***** Data excerpts *****

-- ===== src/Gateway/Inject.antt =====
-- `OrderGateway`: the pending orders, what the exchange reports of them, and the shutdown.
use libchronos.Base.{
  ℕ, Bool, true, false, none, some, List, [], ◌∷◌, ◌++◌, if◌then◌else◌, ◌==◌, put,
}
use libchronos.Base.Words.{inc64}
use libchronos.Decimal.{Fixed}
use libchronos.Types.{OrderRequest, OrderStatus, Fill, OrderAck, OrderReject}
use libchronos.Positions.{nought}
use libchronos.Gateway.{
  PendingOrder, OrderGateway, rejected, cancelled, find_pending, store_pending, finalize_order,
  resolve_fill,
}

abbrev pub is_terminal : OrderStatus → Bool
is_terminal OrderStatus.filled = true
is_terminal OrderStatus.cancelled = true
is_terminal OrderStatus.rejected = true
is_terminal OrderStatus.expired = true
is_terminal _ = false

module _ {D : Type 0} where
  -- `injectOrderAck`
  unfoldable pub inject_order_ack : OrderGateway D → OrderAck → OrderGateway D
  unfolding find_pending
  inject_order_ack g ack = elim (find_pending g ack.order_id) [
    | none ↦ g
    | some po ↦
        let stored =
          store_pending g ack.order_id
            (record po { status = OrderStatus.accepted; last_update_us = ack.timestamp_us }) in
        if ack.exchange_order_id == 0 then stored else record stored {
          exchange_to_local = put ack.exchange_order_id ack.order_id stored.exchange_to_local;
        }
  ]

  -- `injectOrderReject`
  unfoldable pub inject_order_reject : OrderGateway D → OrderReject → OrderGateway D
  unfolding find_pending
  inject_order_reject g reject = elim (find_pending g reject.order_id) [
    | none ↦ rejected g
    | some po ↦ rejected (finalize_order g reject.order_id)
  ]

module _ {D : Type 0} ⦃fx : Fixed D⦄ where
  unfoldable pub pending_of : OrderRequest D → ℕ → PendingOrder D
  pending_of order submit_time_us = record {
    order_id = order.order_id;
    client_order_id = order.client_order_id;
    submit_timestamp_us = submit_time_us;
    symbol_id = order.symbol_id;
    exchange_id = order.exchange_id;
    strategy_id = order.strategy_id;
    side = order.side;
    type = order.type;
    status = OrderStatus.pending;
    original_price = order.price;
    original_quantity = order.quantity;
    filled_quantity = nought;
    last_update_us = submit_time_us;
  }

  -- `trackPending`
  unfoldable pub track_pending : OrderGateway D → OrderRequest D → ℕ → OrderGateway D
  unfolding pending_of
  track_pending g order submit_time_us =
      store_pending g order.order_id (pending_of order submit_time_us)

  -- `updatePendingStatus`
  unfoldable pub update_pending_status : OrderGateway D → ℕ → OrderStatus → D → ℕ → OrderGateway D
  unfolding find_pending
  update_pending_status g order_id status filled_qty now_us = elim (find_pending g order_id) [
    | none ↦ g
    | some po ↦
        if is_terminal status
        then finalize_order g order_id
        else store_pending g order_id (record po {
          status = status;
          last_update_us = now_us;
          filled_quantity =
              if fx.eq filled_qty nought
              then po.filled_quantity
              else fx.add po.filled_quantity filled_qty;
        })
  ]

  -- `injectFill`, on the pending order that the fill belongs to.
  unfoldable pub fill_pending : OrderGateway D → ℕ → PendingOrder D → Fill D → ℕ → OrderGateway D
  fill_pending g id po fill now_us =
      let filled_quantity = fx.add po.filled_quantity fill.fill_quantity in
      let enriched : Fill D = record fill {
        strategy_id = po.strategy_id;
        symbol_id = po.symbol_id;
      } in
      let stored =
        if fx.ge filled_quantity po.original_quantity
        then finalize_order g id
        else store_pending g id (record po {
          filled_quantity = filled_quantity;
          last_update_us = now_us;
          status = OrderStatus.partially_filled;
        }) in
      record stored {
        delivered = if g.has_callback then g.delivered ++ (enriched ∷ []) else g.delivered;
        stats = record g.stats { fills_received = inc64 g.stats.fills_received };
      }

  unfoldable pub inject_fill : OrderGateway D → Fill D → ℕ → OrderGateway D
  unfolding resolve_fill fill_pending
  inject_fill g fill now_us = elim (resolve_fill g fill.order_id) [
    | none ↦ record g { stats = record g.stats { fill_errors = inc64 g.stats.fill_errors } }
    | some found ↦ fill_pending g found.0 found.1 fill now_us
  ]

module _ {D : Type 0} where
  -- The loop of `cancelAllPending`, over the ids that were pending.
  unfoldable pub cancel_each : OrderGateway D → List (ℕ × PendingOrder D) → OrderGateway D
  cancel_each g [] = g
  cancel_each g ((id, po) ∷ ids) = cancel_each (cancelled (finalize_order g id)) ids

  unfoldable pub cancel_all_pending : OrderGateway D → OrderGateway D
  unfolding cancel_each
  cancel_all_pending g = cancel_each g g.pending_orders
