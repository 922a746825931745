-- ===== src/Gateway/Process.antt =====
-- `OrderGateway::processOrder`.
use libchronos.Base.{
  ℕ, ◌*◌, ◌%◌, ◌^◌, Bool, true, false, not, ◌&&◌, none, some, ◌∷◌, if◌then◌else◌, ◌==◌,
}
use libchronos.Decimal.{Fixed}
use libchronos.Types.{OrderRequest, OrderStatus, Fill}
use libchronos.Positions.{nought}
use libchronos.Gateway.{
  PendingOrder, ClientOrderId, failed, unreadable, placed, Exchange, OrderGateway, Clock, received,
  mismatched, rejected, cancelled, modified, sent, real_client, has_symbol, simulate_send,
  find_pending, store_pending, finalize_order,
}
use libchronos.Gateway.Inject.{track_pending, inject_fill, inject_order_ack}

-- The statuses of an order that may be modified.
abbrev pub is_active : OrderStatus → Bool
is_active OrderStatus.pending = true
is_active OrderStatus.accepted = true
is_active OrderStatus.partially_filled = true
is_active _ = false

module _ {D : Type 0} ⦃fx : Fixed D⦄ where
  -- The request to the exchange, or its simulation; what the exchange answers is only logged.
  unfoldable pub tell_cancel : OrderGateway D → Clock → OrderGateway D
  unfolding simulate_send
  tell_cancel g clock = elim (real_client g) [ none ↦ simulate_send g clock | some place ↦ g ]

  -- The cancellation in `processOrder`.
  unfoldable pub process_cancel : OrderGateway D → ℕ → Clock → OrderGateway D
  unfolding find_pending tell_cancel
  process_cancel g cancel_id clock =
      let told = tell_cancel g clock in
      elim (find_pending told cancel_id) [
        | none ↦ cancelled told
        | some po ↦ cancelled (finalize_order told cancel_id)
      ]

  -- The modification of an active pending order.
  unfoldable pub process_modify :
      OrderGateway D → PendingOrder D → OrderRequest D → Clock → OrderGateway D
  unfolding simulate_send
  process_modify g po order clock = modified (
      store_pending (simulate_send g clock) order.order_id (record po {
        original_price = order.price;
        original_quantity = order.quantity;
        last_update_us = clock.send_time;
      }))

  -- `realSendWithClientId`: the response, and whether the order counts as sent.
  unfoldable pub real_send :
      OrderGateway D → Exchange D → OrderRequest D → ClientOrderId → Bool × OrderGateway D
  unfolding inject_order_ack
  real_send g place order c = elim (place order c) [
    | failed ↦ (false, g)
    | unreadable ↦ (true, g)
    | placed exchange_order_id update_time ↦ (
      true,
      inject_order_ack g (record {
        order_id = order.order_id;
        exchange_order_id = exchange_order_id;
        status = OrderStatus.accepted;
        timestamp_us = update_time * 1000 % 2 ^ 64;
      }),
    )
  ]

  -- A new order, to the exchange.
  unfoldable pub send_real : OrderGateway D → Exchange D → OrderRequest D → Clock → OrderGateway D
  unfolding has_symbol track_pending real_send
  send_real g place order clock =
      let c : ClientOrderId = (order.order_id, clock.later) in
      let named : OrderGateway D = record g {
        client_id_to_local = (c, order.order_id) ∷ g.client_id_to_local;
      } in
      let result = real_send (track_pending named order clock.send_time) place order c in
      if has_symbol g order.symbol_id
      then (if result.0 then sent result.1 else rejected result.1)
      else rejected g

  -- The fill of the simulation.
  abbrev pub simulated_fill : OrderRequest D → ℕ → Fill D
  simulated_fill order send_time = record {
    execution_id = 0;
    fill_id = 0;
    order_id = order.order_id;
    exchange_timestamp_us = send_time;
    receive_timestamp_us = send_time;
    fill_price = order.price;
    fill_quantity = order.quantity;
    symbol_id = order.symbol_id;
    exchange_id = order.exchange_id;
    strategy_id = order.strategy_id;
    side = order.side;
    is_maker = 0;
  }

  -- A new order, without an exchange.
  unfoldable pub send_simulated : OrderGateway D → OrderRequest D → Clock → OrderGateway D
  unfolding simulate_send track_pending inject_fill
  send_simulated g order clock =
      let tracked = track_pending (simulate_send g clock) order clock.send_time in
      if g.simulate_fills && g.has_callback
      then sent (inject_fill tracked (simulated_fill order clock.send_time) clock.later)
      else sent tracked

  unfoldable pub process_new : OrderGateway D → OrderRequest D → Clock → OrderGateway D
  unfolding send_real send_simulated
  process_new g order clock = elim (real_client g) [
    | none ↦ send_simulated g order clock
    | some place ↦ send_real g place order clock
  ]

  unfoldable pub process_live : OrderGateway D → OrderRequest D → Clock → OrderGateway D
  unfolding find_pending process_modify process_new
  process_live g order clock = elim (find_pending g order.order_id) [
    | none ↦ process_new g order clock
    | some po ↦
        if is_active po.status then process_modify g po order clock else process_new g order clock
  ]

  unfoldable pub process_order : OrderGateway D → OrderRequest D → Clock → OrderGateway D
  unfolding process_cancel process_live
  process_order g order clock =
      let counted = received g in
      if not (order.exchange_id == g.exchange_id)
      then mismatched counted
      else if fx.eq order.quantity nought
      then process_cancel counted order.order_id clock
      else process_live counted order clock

*****

§ Task objective:
Look through the data above and return each line where the string "some" occurs.

§ Response area:
  ℕ, Bool, true, false, none, some, List, [], ◌∷◌, ◌++◌, if◌then◌else◌, ◌==◌, put,
    | some po ↦
    | some po ↦ rejected (finalize_order g reject.order_id)
    | some po ↦
    | some found ↦ fill_pending g found.0 found.1 fill now_us
  ℕ, ◌*◌, ◌%◌, ◌^◌, Bool, true, false, not, ◌&&◌, none, some, ◌∷◌, if◌then◌else◌, ◌==◌,
  tell_cancel g clock = elim (real_client g) [ none ↦ simulate_send g clock | some place ↦ g ]
        | some po ↦ cancelled (finalize_order told cancel_id)
    | some place ↦ send_real g place order clock
    | some po ↦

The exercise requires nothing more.